GOAL OF THE EXERCISE.
Copy out the records that follow, leaving every character as it is.

SOURCE INFORMATION.
-- ===== src/Server/Handlers.antt =====
-- pkg/server/server.go: the map of handlers and the count of the active ones. A handler is known by a
-- number; RegisterHandler and RegisterStreamHandler are alike in what they do to the server.
use psrpc.Base.{
  ℕ, suc, zero, ◌+◌, Bool, true, false, ◌||◌, List, [], Option, none, some, Text, if◌then◌else◌,
  nat_beq, is_some, map, text_comparable,
}
use psrpc.Base.Assoc.{lookup, insert, delete}

pub record RpcServer : Type 0 where
  pub shutdown : Bool
  pub handlers : List (Text × ℕ)
  pub active : ℕ

unfoldable pub new_rpc_server : RpcServer
new_rpc_server = record { shutdown = false; handlers = []; active = 0 }

-- Why a handler is not registered; its subscriptions may fail too.
pub data Refusal : Type 0 where
  server_closed handler_exists : Refusal

-- RegisterHandler, up to the creation of the handler.
unfoldable pub check_registration : RpcServer → Text → Option Refusal
check_registration s key =
    if s.shutdown
    then some server_closed
    else if is_some (lookup s.handlers key)
    then some handler_exists
    else none

-- RegisterHandler, with the handler.
unfoldable pub add_handler : RpcServer → Text → ℕ → RpcServer
add_handler s key h = record s { active = s.active + 1; handlers = insert s.handlers key h }

-- onCompleted counts the handler off, where a count below 0 panics, and takes its key out of the map.
unfoldable pub count_from : RpcServer → ℕ → Option RpcServer
count_from s zero = none
count_from s (suc n) = some (record s { active = n })

unfoldable pub count_off : RpcServer → Option RpcServer
unfolding count_from
count_off s = count_from s s.active

unfoldable pub remove_handler : RpcServer → Text → RpcServer
remove_handler s key = record s { handlers = delete s.handlers key }

-- DeregisterHandler: the handler that it closes, if any.
unfoldable pub deregister_handler : RpcServer → Text → Option ℕ
deregister_handler s key = lookup s.handlers key

-- Close: its first call closes the handlers of the map; a call that does not force waits until no
-- handler is active.
unfoldable pub close_server : RpcServer → RpcServer × List ℕ
close_server s =
    if s.shutdown then (s, []) else (record s { shutdown = true }, map (λ e. e.1) s.handlers)

unfoldable pub close_returns : RpcServer → Bool → Bool
close_returns s force = force || nat_beq s.active 0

OUTPUT FOR THIS TASK.
-- ===== src/Server/Handlers.antt =====
-- pkg/server/server.go: the map of handlers and the count of the active ones. A handler is known by a
-- number; RegisterHandler and RegisterStreamHandler are alike in what they do to the server.
use psrpc.Base.{
  ℕ, suc, zero, ◌+◌, Bool, true, false, ◌||◌, List, [], Option, none, some, Text, if◌then◌else◌,
  nat_beq, is_some, map, text_comparable,
}
use psrpc.Base.Assoc.{lookup, insert, delete}

pub record RpcServer : Type 0 where
  pub shutdown : Bool
  pub handlers : List (Text × ℕ)
  pub active : ℕ

unfoldable pub new_rpc_server : RpcServer
new_rpc_server = record { shutdown = false; handlers = []; active = 0 }

-- Why a handler is not registered; its subscriptions may fail too.
pub data Refusal : Type 0 where
  server_closed handler_exists : Refusal

-- RegisterHandler, up to the creation of the handler.
unfoldable pub check_registration : RpcServer → Text → Option Refusal
check_registration s key =
    if s.shutdown
    then some server_closed
    else if is_some (lookup s.handlers key)
    then some handler_exists
    else none

-- RegisterHandler, with the handler.
unfoldable pub add_handler : RpcServer → Text → ℕ → RpcServer
add_handler s key h = record s { active = s.active + 1; handlers = insert s.handlers key h }

-- onCompleted counts the handler off, where a count below 0 panics, and takes its key out of the map.
unfoldable pub count_from : RpcServer → ℕ → Option RpcServer
count_from s zero = none
count_from s (suc n) = some (record s { active = n })

unfoldable pub count_off : RpcServer → Option RpcServer
unfolding count_from
count_off s = count_from s s.active

unfoldable pub remove_handler : RpcServer → Text → RpcServer
remove_handler s key = record s { handlers = delete s.handlers key }

-- DeregisterHandler: the handler that it closes, if any.
unfoldable pub deregister_handler : RpcServer → Text → Option ℕ
deregister_handler s key = lookup s.handlers key

-- Close: its first call closes the handlers of the map; a call that does not force waits until no
-- handler is active.
unfoldable pub close_server : RpcServer → RpcServer × List ℕ
close_server s =
    if s.shutdown then (s, []) else (record s { shutdown = true }, map (λ e. e.1) s.handlers)

unfoldable pub close_returns : RpcServer → Bool → Bool
close_returns s force = force || nat_beq s.active 0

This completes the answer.